Single by Peter Gabriel

from the album Us
- Released: December 1992
- Genre: Funk rock
- Length: 6:03 (album version); 5:19 (video edit); 4:45 (radio edit);
- Label: Real World; Virgin;
- Songwriter: Peter Gabriel
- Producers: Daniel Lanois; Peter Gabriel;

Peter Gabriel singles chronology
| "Digging in the Dirt" (1992) | "Steam" (1992) | "Blood of Eden" (1993) |

Music video
- "Steam" on YouTube

= Steam (Peter Gabriel song) =

1992 single by Peter Gabriel

"Steam" is a song by the English rock musician Peter Gabriel, released as the second single from his sixth album, Us (1992). The single was issued in the United States in December 1992 and in the United Kingdom the following month. It charted in several countries, including the UK, where it reached number 10, and in Canada, where it reached number one. In the United States, it became Gabriel's final top-40 hit on the Billboard Hot 100, peaking at number 32. Gabriel performed "Steam" on his 1993–1994 Secret World Tour; a live recording from this tour was included on his Secret World Live album. The song's accompanying music video was directed by Stephen R. Johnson.

==Background==
Gabriel has said that "Steam" is about a relationship in which the woman is sophisticated, bright, cultured, and knows everything about anything, whereas the man knows nothing about anything; however, he does know about the woman, and she does not know much about herself. He mentioned that the song had an "obvious sexual reference" and was derived from an abandoned idea from his third solo album with Steve Lilywhite, which was later transformed into the album track "And Through the Wire".

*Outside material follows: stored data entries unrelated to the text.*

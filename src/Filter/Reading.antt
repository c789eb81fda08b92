-- ===== src/Filter/Reading.antt =====
-- What stands at a span of an input of src/domain/filter.rs, read as a token.
use tale.Prelude.{
  ℕ, ◌+◌, ◌-◌, ◌≡◌, refl, ap, sym, subst, ◌∙◌, List, [], ◌∷◌, ◌++◌, Bool, true, false, not, ◌&&◌,
  Option, none, some, ◌==◌, if◌then◌else◌, Text, len, len_utf8, is_empty, slice_from, slice_to,
  foldl, foldl-snoc, map-append, is_empty-snoc, append_assoc, map, arith, slice_to-append,
  len-append,
}
use tale.Filter.Scans.{At}
use tale.Filter.Tokens.{or_at}

-- What a token says: its text, where a backslash inside quotes stands for the character behind it.
pub record Reading : Type 0 where
  pub text : Text
  pub quoted : Bool
  pub escaped : Bool

abbrev pub unread : Reading
unread = record { text = []; quoted = false; escaped = false }

unfoldable pub read : Reading → ℕ → Reading
read r character =
    if r.escaped
    then record r { text = r.text ++ character ∷ []; escaped = false }
    else if (character == b'\\') && r.quoted
    then record r { escaped = true }
    else if character == b'"'
    then record r { text = r.text ++ character ∷ []; quoted = not r.quoted }
    else record r { text = r.text ++ character ∷ [] }

-- `input.get(begin..end)`, with the empty text for `None`.
abbrev pub or_empty : Option Text → Text
or_empty none = []
or_empty (some v) = v

abbrev pub between : Text → ℕ → ℕ → Text
between input begin end = or_empty (slice_to (or_empty (slice_from input begin)) (end - begin))

abbrev pub token_of : Text → ℕ × ℕ → Text × ℕ
token_of input (begin, end) = ((foldl read unread (between input begin end)).text, begin)

-- What has been read of the token that has begun.
abbrev pub Current : Text → Text → ℕ → Option ℕ → Reading → Type 0
Current input v o none r = r ≡ unread
Current input v o (some begin) r =
    (u : Text) × At input (u ++ v) begin
    × (begin + len u ≡ o)
    × (is_empty r.text ≡ false)
    × (foldl read unread u ≡ r)

read-text : (r : Reading) (c : ℕ) → is_empty r.text ≡ false → is_empty (read r c).text ≡ false
unfolding read
read-text r c h = ground (arith, is_empty-snoc r.text c)

Current-extends :
    (input : Text) (c : ℕ) (v : Text) (o begin : ℕ) (r : Reading)
    → Current input (c ∷ v) o (some begin) r
    → Current input v (o + len_utf8 c) (some begin) (read r c)
unfolding len
Current-extends input c v o begin r (u, at, bytes, full, same) = (
  u ++ c ∷ [],
  subst (λ w. At input w begin) (sym (append_assoc u (c ∷ []) v)) at,
  omega (arith, len-append u (c ∷ []), bytes),
  read-text r c full,
  foldl-snoc read unread u c ∙ ap (λ s. read s c) same,
)

pub Current-begins :
    (input : Text) (c : ℕ) (v : Text) (o : ℕ) (start : Option ℕ) (r : Reading)
    → At input (c ∷ v) o
    → Current input (c ∷ v) o start r
    → Current input v (o + len_utf8 c) (or_at start o) (read r c)
unfolding len read
Current-begins input c v o none r at h = rw h (c ∷ [], at, omega arith, ground arith, refl)
Current-begins input c v o (some begin) r at h = Current-extends input c v o begin r h

between-Current :
    (input u v : Text) (begin o : ℕ)
    → At input (u ++ v) begin
    → begin + len u ≡ o
    → between input begin o ≡ u
between-Current input u v begin o at bytes =
    let cut : or_empty (slice_from input begin) ≡ u ++ v = ap or_empty at in
    let size : o - begin ≡ len u = omega (arith, bytes) in rw (cut, size, slice_to-append u v) refl

pub token_snoc :
    (input u v : Text) (begin o : ℕ) (tokens : List (Text × ℕ)) (spans : List (ℕ × ℕ)) (r : Reading)
    → tokens ≡ map (token_of input) spans
    → At input (u ++ v) begin
    → begin + len u ≡ o
    → foldl read unread u ≡ r
    → tokens ++ (r.text, begin) ∷ [] ≡ map (token_of input) (spans ++ (begin, o) ∷ [])
token_snoc input u v begin o tokens spans r h at bytes same =
    rw
      (
        map-append (token_of input) spans ((begin, o) ∷ []),
        between-Current input u v begin o at bytes,
        same,
        h,
      )
      refl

On "Steam", Tony Levin played the bass part with set of drum sticks called funk fingers, which he attached to his digits to achieve a more percussive tone. Levin first used the technique on Gabriel's song "Big Time". The chorus of "Steam" features sixth chords played on the guitar by Leo Nocentelli.

In a 1992 interview, Gabriel mentioned that he advocated against the idea of releasing "Steam" as the first single from Us. He called it the only song on the album that was "backward looking" and worried that it would be dismissed as a retread of "Sledgehammer". An alternative version of this song called "Quiet Steam" was a B-side on the "Digging in the Dirt" single. It is a lo-fi take on the version that appeared on Us without any brass instruments. Gabriel said that the removal of these instruments "straight away makes it a song without any 'Sledgehammer' references". On Secret World Live, "Steam" is preceded by the "Quiet Steam" version. Both "Quiet Steam" and "Steam" were part of the set list for Gabriel's 1993–1994 Secret World Tour.

==Release==
"Steam" initially received airplay on US album oriented rock radio stations in late 1992. Radio & Records reported that it was among the most added songs in that format in its 6 November 1992 edition of the publication. In December, "Steam" was released as a retail single, with the CD edition including remixes from David Bottrill and the the Bomb Squad. During the week ending 19 December 1992, "Steam" debuted on the US Billboard Hot 100 at number 80. The following month, it peaked at number 32 on that listing. "Steam" also reached number 1 on the Billboard Modern Rock Tracks chart and number 2 on the Album Rock Tracks chart.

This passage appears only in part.